First, we assume the basic SIR model with homogeneous agents as the epidemic dynamics, which may overestimate the herd immunity threshold \(p^*\). Individual heterogeneity in susceptibility, which must exist in the real world, is known to reduce the herd immunity threshold substantially29,30,31. In this respect, our model considers a worst-case scenario because we would need a smaller number of infections than that assumed in this paper. Reduction of the required number of infections to achieve herd immunity can also contribute to minimizing the possible social burden of prolonged isolation of high-risk individuals. For asking further important questions, e.g., how long does it take for the population to acquire herd immunity, we would need age-structured epidemic dynamics models14,25,26 that take into account individual heterogeneity in susceptibility.
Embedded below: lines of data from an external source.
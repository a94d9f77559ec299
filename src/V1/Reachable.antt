-- ===== src/V1/Reachable.antt =====
-- source/v1/engine.cpp: every history of calls on one engine.
use stunning_waddle.Base.{
  ℕ, ◌≤◌, Bool, not, ◌&&◌, ◌||◌, ◌≡◌, ◌∙◌, Option, none, some, Bytes, length, arith, is_empty, refl,
  find, if_intro, option_intro,
}
use stunning_waddle.ErrorCodes.{connection_reset}
use stunning_waddle.Headers.{Headers}
use stunning_waddle.V2.State.{ConnectionRole, is_server}
use stunning_waddle.V1.State.{
  Engine, ParseState, start_line, body_until_close, done, StreamInfo, advance_stream_id, new_engine,
  open_stream, output_end, next_event, on_output_ready, erase_stream_order, is_active,
}
use stunning_waddle.V1.Send.{send_request_headers, send_reset}
use stunning_waddle.V1.Input.{
  input_begin, input_end, eof, eof_in, send_response_headers, send_data, complete_response,
  write_response_head, put_body, end_body, release_response, closes_response, frame_body,
}
use stunning_waddle.V1.Validity.{
  IsValid, connection_error-IsValid, flush_pending-IsValid, complete_exchange-IsValid,
  mark_connection_done-IsValid, update-IsValid, append_pending-IsValid, start-IsValid,
}
use stunning_waddle.V1.Totality.{longer-IsValid, Returns, parse_available-Returns}

-- An operation that returns, in a valid engine.
abbrev pub Valid : Option Engine → Type 0
Valid none = ⊥
Valid (some e) = IsValid e

Returns→Valid : (o : Option Engine) → Returns o → Valid o
Returns→Valid none r = r
Returns→Valid (some e) r = r.0

open_stream-IsValid : (e : Engine) → IsValid e → IsValid (open_stream e).1
unfolding open_stream advance_stream_id
open_stream-IsValid e v = ground arith

send_request_headers-IsValid :
    (e : Engine) (id : ℕ) (method path authority : Bytes) (h : Headers) (end_stream : Bool)
    → IsValid e
    → IsValid (send_request_headers e id method path authority h end_stream)
unfolding send_request_headers
send_request_headers-IsValid e id method path authority h end_stream v =
    option_intro IsValid (find id e.streams) _ _ (λ _. v)
      (λ info _.
        if_intro IsValid info.head_sent _ _ (λ _. v)
          (λ _. flush_pending-IsValid _ (update-IsValid e id _ v)))

eof_in-IsValid : (e : Engine) (s : ParseState) → e.state ≡ s → IsValid e → IsValid (eof_in e)
unfolding eof_in
eof_in-IsValid e start_line q v =
    rw (q, eof_in)
      (option_intro IsValid e.active_stream _ _ (λ _. mark_connection_done-IsValid e v.fits)
        (λ id _.
          if_intro IsValid (is_server e.role) _ _ (λ _. mark_connection_done-IsValid e v.fits)
            (λ _. connection_error-IsValid e connection_reset v)))
eof_in-IsValid e body_until_close q v =
    rw (q, eof_in)
      (option_intro IsValid e.active_stream _ _ (λ _. mark_connection_done-IsValid _ v.fits)
        (λ id _. complete_exchange-IsValid _ id v.fits))
eof_in-IsValid e done q v = rw (q, eof_in) v
eof_in-IsValid e _ q v = rw (q, eof_in) (connection_error-IsValid e connection_reset v)

eof-IsValid : (e : Engine) → IsValid e → IsValid (eof e)
unfolding eof
eof-IsValid e v =
    if_intro IsValid e.eof_seen _ _ (λ _. v) (λ _. eof_in-IsValid _ e.state refl (ground arith))

release_response-kept :
    (e : Engine) (id : ℕ)
    → ((release_response e id).connection_done ≡ e.connection_done)
      × ((release_response e id).input_buffer ≡ e.input_buffer)
unfolding release_response erase_stream_order
release_response-kept e id = (refl, refl)

complete_response-Valid : (e : Engine) (id : ℕ) → IsValid e → Valid (complete_response e id)
unfolding complete_response
complete_response-Valid e id v =
    if_intro Valid (closes_response e id || e.connection_done) _ _
      (λ _.
        mark_connection_done-IsValid (release_response e id)
          (rw ((release_response-kept e id).1) v.fits))
      (λ h. Returns→Valid _ (
        parse_available-Returns _ (
          start-IsValid (release_response e id) (record {
            not_done = (release_response-kept e id).0 ∙ ground (arith, h);
            open_fits = rw ((release_response-kept e id).1) v.fits;
          }))))

write_response_head-IsValid :
    (e : Engine) (id : ℕ) (info : StreamInfo) (status : ℕ) (h : Headers) (end_stream : Bool)
    → IsValid e
    → IsValid (write_response_head e id info status h end_stream)
unfolding write_response_head
write_response_head-IsValid e id info status h end_stream v =
    update-IsValid _ id _ (append_pending-IsValid e _ v)

send_response_headers-Valid :
    (e : Engine) (id status : ℕ) (h : Headers) (end_stream : Bool)
    → IsValid e
    → Valid (send_response_headers e id status h end_stream)
unfolding send_response_headers
send_response_headers-Valid e id status h end_stream v =
    option_intro Valid (find id e.streams) _ _ (λ _. v)
      (λ info _.
        if_intro Valid info.head_sent _ _ (λ _. v)
          (λ _.
            let w = write_response_head-IsValid e id info status h end_stream v in
            if_intro Valid end_stream _ _ (λ _. complete_response-Valid _ id w) (λ _. w)))

end_body-Valid : (e : Engine) (id : ℕ) → IsValid e → Valid (end_body e id)
unfolding end_body
end_body-Valid e id v =
    if_intro Valid (is_server e.role) _ _ (λ _. complete_response-Valid e id v)
      (λ _.
        option_intro IsValid (find id e.streams) _ _ (λ _. v) (λ info _. update-IsValid e id _ v))

put_body-IsValid :
    (e : Engine) (id : ℕ) (info : StreamInfo) (framed : Bytes)
    → IsValid e
    → IsValid (put_body e id info framed)
unfolding put_body
put_body-IsValid e id info framed v =
    if_intro IsValid (is_active e id) _ _ (λ _. append_pending-IsValid e framed v)
      (λ _. update-IsValid e id _ v)

send_data-Valid :
    (e : Engine) (id : ℕ) (body : Bytes) (end_stream : Bool)
    → IsValid e
    → Valid (send_data e id body end_stream).1
unfolding send_data
send_data-Valid e id body end_stream v =
    option_intro (λ (r : ℕ × Option Engine). Valid r.1) (find id e.streams) _ _ (λ _. v)
      (λ info _.
        if_intro (λ (r : ℕ × Option Engine). Valid r.1)
          (info.finished || info.request_complete || not info.head_sent) _ _ (λ _. v)
          (λ _.
            if_intro (λ (r : ℕ × Option Engine). Valid r.1) info.no_body _ _
              (λ _.
                if_intro Valid (end_stream && is_server e.role) _ _
                  (λ _. complete_response-Valid e id v) (λ _. v))
              (λ _.
                let w = put_body-IsValid e id info (frame_body info.chunked body end_stream) v in
                if_intro Valid end_stream _ _ (λ _. end_body-Valid _ id w) (λ _. w))))

-- What a caller can do with an engine, one call after the other. Input fits the free space that
-- `input_begin` gave; status codes are not negative.
pub data Reachable : Engine → Type 0 where
  constructed : (role : ConnectionRole) → Reachable (new_engine role)
  opened : {e : Engine} → Reachable e → Reachable (open_stream e).1
  requested :
      {e : Engine} (id : ℕ) (method path authority : Bytes) (h : Headers) (end_stream : Bool)
      → Reachable e
      → Reachable (send_request_headers e id method path authority h end_stream)
  responded :
      {e e' : Engine} (id status : ℕ) (h : Headers) (end_stream : Bool)
      → Reachable e
      → send_response_headers e id status h end_stream ≡ some e'
      → Reachable e'
  sent :
      {e e' : Engine} (id : ℕ) (body : Bytes) (end_stream : Bool)
      → Reachable e
      → (send_data e id body end_stream).1 ≡ some e'
      → Reachable e'
  received :
      {e e' : Engine} (bytes : Bytes)
      → Reachable e
      → length bytes ≤ input_begin e
      → input_end e bytes ≡ some e'
      → Reachable e'
  ended : {e : Engine} → Reachable e → Reachable (eof e)
  drained : {e : Engine} (n : ℕ) → Reachable e → Reachable (output_end e n)
  listened : {e : Engine} → Reachable e → Reachable (on_output_ready e)
  polled : {e : Engine} → Reachable e → Reachable (next_event e).1
  reset : {e : Engine} (id ec : ℕ) → Reachable e → Reachable (send_reset e id ec)

Valid-some : (o : Option Engine) {e : Engine} → o ≡ some e → Valid o → IsValid e
Valid-some o q v = let w = (rw q at v) in w

input_end-Valid :
    (e : Engine) (bytes : Bytes)
    → IsValid e
    → length bytes ≤ input_begin e
    → Valid (input_end e bytes)
unfolding input_end input_begin
input_end-Valid e bytes v h =
    if_intro Valid (is_empty bytes) _ _ (λ _. v)
      (λ _. Returns→Valid _ (parse_available-Returns _ (longer-IsValid e bytes v h)))

-- Whatever sequence of calls led to it, an engine is valid: the parser is in `done` exactly when
-- the connection is done, no exchange is in flight then, a body that is being read has bytes to
-- come, and the buffered bytes fit the buffer. The calls are opening a stream, sending a request,
-- a response or body bytes on any stream, input that fits the free space, the end of input, taking
-- output and events, registering the callback, and a reset.
pub Reachable-IsValid : {e : Engine} → Reachable e → IsValid e
unfolding output_end next_event on_output_ready send_reset new_engine
Reachable-IsValid (constructed role) = ground arith
Reachable-IsValid (opened r) = open_stream-IsValid _ (Reachable-IsValid r)
Reachable-IsValid (requested id method path authority h end_stream r) =
    send_request_headers-IsValid _ id method path authority h end_stream (Reachable-IsValid r)
Reachable-IsValid (responded id status h end_stream r q) =
    Valid-some _ q (send_response_headers-Valid _ id status h end_stream (Reachable-IsValid r))
Reachable-IsValid (sent id body end_stream r q) =
    Valid-some _ q (send_data-Valid _ id body end_stream (Reachable-IsValid r))
Reachable-IsValid (received bytes r h q) =
    Valid-some _ q (input_end-Valid _ bytes (Reachable-IsValid r) h)
Reachable-IsValid (ended r) = eof-IsValid _ (Reachable-IsValid r)
Reachable-IsValid (drained n r) = let v = Reachable-IsValid r in ground arith
Reachable-IsValid (listened r) = let v = Reachable-IsValid r in ground arith
Reachable-IsValid (polled r) = let v = Reachable-IsValid r in ground arith
Reachable-IsValid (reset id ec r) = Reachable-IsValid r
Second, the implementation of protective measures for high-risk individuals would be practically challenging. For simplicity, our mathematical model assumes an idealistic scenario where high-risk individuals in the protected group are unaffected by the pandemic. However, complete protection may not be possible in reality, and prolonged isolation of a large portion of the society would be liable to cause social tensions. Given the existence of high rates of multi-generational families in many countries or settings, implementation of any form of age-targeted strategies, including our strategy, is difficult. In reality, the protective measure would be implemented as comprehensive and detailed lists of guidelines, rather than centralized control of people’s behavior. For example, the protective measure in our framework might be implemented as the advice for elderly people living on their own to have their essentials delivered to their home and to meet their acquaintances outside rather than inside32. Since public obedience is always a major issue for such guidelines, assessment based on the proposed approach should be seen as an “upper bound” for the effectiveness of age-diversified control schemes.

Third, our analyses assume lifelong immunity after recovery for simplicity. However, how long immunity against severe acute respiratory syndrome-coronavirus 2 (SARS-CoV-2) lasts or whether we can develop sufficient immunity against SARS-CoV-2 in the first place remains unknown. If sufficient immunity against the virus cannot be developed, herd immunity strategies, in general, would fail. Because of unanswered questions regarding the pathogen, including the ones mentioned above, extreme care should be taken before adopting any form of herd immunity policies. Should a herd immunity policy be adopted despite the expected risks, some protective measures for high-risk individuals are promising methods to achieve both social acceptability and feasibility.